Periodic Reporting for period 1 - SFM4VOT (Building a computational basis for the brain response in the left ventral occipito-temporal cortex: Understanding the Sparse Familiarity Model of visual word recognition)
Berichtszeitraum: 2016-04-01 bis 2018-03-31
The core cognitive process implemented in our computational model (originally the sparse familiarity model: SFM, now the lexical categorization model: LCM; Gagl, Richlan, Ludersdorfer, Sassenhagen, & Fiebach, 2016) is the categorization of letter strings in meaningful or meaningless. In work package 1 (WP1) the objective was to investigate how the lexical categorization process is influenced by learning and in WP2 the objective was the generalization of the lexical categorization process to other image categories like faces or objects, which are all known to be processed in the ventral part of the temporal cortex.
In the second study of WP1, I (in cooperation with research assistant Klara Gregorova) realized two extensive intervention studies investigating if an LCM based training increases reading speed for second language learners (Gregorova & Gagl, in preparation). Here we implemented one experiment with an assessment of reading speed before training, three sessions of lexical categorization training (45 min), and an assessment of reading speed afterward (25 participants included). In the second experiment, we paired the lexical categorization training with a phonics training, currently the only effective training for dyslexia, in a randomized controlled trial (32 participants included in both interventions). Both studies showed transfer effects of the intervention to reading speed indicating the potential of the training.

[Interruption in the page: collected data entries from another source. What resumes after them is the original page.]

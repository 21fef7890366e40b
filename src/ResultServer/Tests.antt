-- ===== src/ResultServer/Tests.antt =====
-- The result server at small inputs; numbers are one decimal digit here.
use capev.Base.{
  any, ℕ, ◌≡◌, ◌==◌, ◌-◌, length, not, all, All, ◌≢◌, refl, Bool, true, ◌&&◌, Option, none, some,
  List, [], ◌∷◌, ◌++◌, if◌then◌else◌, leb, ltb, member, arith, inl,
}
use capev.Base.Bytes.{codes, same_bytes}
use capev.ResultServer.Lines.{Recv, received, timeout, read_newline}
use capev.ResultServer.Lines.Chunking.{payload, Splits, read_newline-Splits, IsLine}
use capev.ResultServer.Limiter.{finished, contents, copy_to_fd}
use capev.ResultServer.Limiter.Truncation.{truncated, copy_to_fd-truncated}
use capev.ResultServer.Names.{netlog_sanitize_fname, slashed, split_path, split_last, strip_slashes}
use capev.ResultServer.Names.Inside.{Inside, netlog_sanitize_fname-Inside}
use capev.ResultServer.Protocol.{Ints, words, negotiate, protocol, file_upload}
use capev.ResultServer.Sessions.{
  Session, Step, adds, connects, negotiates, run, empty, del_task, step, add_task, connect,
  negotiated,
}
use capev.ResultServer.Sessions.Cancel.{del_task-cancels}
use capev.ResultServer.Upload.{System, handle, log_entry, all_ints}
use capev.ResultServer.Upload.Stored.{Sent, message, header, handle-truncated}

abbrev chunks : List Recv
chunks = received (codes "LE 2") ∷ received (10 ∷ codes "shots") ∷ []

read_newline-Splits_example :
    Splits (codes "FI" ++ payload chunks) 6 (read_newline chunks (codes "FI"))
read_newline-Splits_example =
    read_newline-Splits chunks (codes "FI") 6 (omega arith, (omega arith, tt)) refl (omega arith)

-- The limit is passed inside the second chunk.
copy_to_fd-truncated_example :
    contents (copy_to_fd (received (2 ∷ 3 ∷ []) ∷ timeout ∷ []) (1 ∷ []) 2 []).1
    ≡ truncated 2 (1 ∷ 2 ∷ 3 ∷ [])
copy_to_fd-truncated_example =
    copy_to_fd-truncated (received (2 ∷ 3 ∷ []) ∷ timeout ∷ []) (1 ∷ []) [] 2 (omega arith)

-- A colon stays in the name.
sanitized : netlog_sanitize_fname (codes "shots\\a:b") ≡ some (codes "shots/a:b")
unfolding netlog_sanitize_fname split_path split_last strip_slashes
sanitized = refl

netlog_sanitize_fname-Inside_example :
    (codes "shots/a:b" ≡ slashed (codes "shots\\a:b")) × Inside (codes "shots/a:b")
netlog_sanitize_fname-Inside_example =
    netlog_sanitize_fname-Inside (codes "shots\\a:b") (codes "shots/a:b") sanitized

abbrev history : List Step
history = adds 4 "10.0.0.2" ∷ connects 1 "10.0.0.2" ∷ negotiates 1 ∷ []

abbrev session : Session
session = record { ctx = 1; ip = "10.0.0.2"; task_id = 4 }

is_running : (del_task 4 "10.0.0.2" (run history empty)).running ≡ session ∷ []
unfolding run step add_task connect negotiated del_task
is_running = refl

del_task-cancels_example : member 1 (del_task 4 "10.0.0.2" (run history empty)).cancelled ≡ true
del_task-cancels_example =
    del_task-cancels history 4 "10.0.0.2" session (rw is_running (inl refl)) refl

abbrev digits : Ints ℕ
digits = record { int = digit; is_zero = λ n. n == 0; is_two_or_more = λ n. leb 2 n }
  where
    digit : List ℕ → Option ℕ
    digit (c ∷ []) = if leb 48 c && leb c 57 then some (c - 48) else none
    digit _ = none

header_line : negotiate digits (codes "FILE 2") ≡ protocol file_upload (some 2)
unfolding negotiate words
header_line = refl

abbrev is_line : List ℕ → Bool
is_line l = all (λ c. not (c == 10)) l && ltb (length l) 4096

all_no_newline : (l : List ℕ) → all (λ c. not (c == 10)) l ≡ true → All (λ c. c ≢ 10) l
all_no_newline [] e = tt
all_no_newline (c ∷ cs) e = (ground arith, all_no_newline cs (ground arith))

all_lines : (ls : List (List ℕ)) → all is_line ls ≡ true → All IsLine ls
all_lines [] e = tt
all_lines (l ∷ ls) e =
    ((all_no_newline l (ground arith), ground arith), all_lines ls (ground arith))

path_ok : netlog_sanitize_fname (codes "files/a") ≡ some (codes "files/a")
unfolding netlog_sanitize_fname split_path split_last strip_slashes
path_ok = refl

pids_ok : all_ints digits (words [] (codes "4 2")) ≡ some (4 ∷ 2 ∷ [])
unfolding words
pids_ok = refl

no_pids : all_ints digits (words [] []) ≡ some []
unfolding words
no_pids = refl

abbrev sent : Sent digits
sent = record {
  raw = codes "files/a";
  filepath = codes "C:";
  pids_line = codes "4 2";
  ppids_line = [];
  metadata = codes "m";
  category = codes "files";
  duplicated_line = codes "0";
  path = codes "files/a";
  pids = 4 ∷ 2 ∷ [];
  ppids = [];
  duplicated = 0;
  lines =
      all_lines
        (codes "files/a"
          ∷ codes "C:"
          ∷ codes "4 2"
          ∷ []
          ∷ codes "m"
          ∷ codes "files"
          ∷ codes "0"
          ∷ [])
        refl;
  is_path = path_ok;
  is_pids = pids_ok;
  is_ppids = no_pids;
  is_duplicated = refl;
}

-- Nothing is there but what was made, in the same spelling.
abbrev system : System
system = record {
  decodes = λ p. true;
  exists = λ p files. any (λ (f : List ℕ × List ℕ). same_bytes f.0 p) files;
  opens = λ p. true;
}

abbrev upload_message : List ℕ
upload_message = message sent (1 ∷ 2 ∷ 3 ∷ [])

-- Three bytes for a limit of two, which arrive with the header; then the connection ends.
handle-truncated_example :
    handle digits system 2 (some 2) [] (received upload_message ∷ received [] ∷ []) [] [] ≡ record {
      ended = some finished;
      failure = none;
      files = (codes "files/a", truncated 2 (1 ∷ 2 ∷ 3 ∷ [])) ∷ [];
      filelog = log_entry (header sent (1 ∷ 2 ∷ 3 ∷ [])) [];
    }
handle-truncated_example =
    handle-truncated sent (1 ∷ 2 ∷ 3 ∷ []) system 2 (some 2) []
      (received upload_message ∷ received [] ∷ []) [] [] refl
      (received upload_message ∷ [], [], refl, refl, (omega arith, tt)) refl refl refl refl
      (omega arith)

In WP2, the objective was to evaluate if the core process of the LCM generalizes to other visual stimuli. Central to the implementation of the LCM for words is the estimation of a similarity index, now realized on the basis of the orthographic Levenshtein distance (Yarkoni, Balota, & Yap, 2008), which cannot be estimated for other visual stimuli. To bypass this issue, we originally planned to study generalization using a noise manipulation for words and other visual stimuli like faces. Instead, we decided to implement an image-based similarity index, with the potential for generalization, generating an explicit mechanistic explanation. For WP2, I (in cooperation with Jona Sassenhagen, Sophia Haan, Fabio Richlan, and Christian Fiebach), therefore, implemented a second computational model, the visual-orthographic prediction model (VOP), which allows realizing an orthographic similarity measure based on the images of words only (Gagl et al., submitted). In the study, we implemented and evaluated the VOP model with four behavioral studies (87 measured participants and open data from English and French), one fMRI (39 measured participants) and one EEG study (31 measured participants) both investigating brain activation. In addition, we conducted a first generalization investigation by showing that the VOP model, typically realized with computerized scripts, can be used to index the readability of handwritten scripts (48 participants).
Beyond this, the processes described in the models (lexical categorization and sensory information optimization) provide a better understanding of the visual word recognition process. Hence, all proposed processes generate new hypotheses for treatment and diagnostics of slow reading. This is especially important as current evidence from treatment approaches (Galuschka, Ise, Krick, & Schulte-Körne, 2014) suggests that only one treatment approach was found effective with only a small effect size. The implementation of a promising intervention on the basis of lexical categorization (Gregorova & Gagl, in preparation) is the first step towards a neurocognitively motivated training approach of orthographic processing. Currently, we focus on second language learners, a large and growing group of individuals, and plan to adopt the approach for young readers at the beginning of literacy acquisition. The wider impact of an efficient diagnostic and treatment program is that higher reading skills increase information processing skills of slow readers. This is critical for daily life decisions at work and elsewhere since these are based only on the available information which is limited when the individual capacities, one being the speed of reading, are low.
References
Eisenhauer, S., Fiebach, C. J., & Gagl, B. (2018). Dissociable prelexical and lexical contributions to visual word recognition and priming: Evidence from MEG and behavior. BioRxiv, 410795.
Gagl, B., Richlan, F., Ludersdorfer, P., Sassenhagen, J., & Fiebach, C. J. (2016). The lexical categorization model: A computational model of left ventral occipito-temporal cortex activation in visual word recognition. BioRxiv, 085332.
Gagl, B., Sassenhagen, J., Haan, S., Richlan, F., & Fiebach, C. J. (submitted). Visual word recognition relies on a sensory prediction error signal.
Galuschka, K., Ise, E., Krick, K., & Schulte-Körne, G. (2014). PLOS ONE, 9(2), e89900.
Gregorova, K., & Gagl, B. (in preparation). Lexical categorization training is successful in increasing reading speed of L2-German readers.
Yarkoni, T., Balota, D., & Yap, M. (2008). Psychonomic Bulletin & Review, 15(5), 971–979.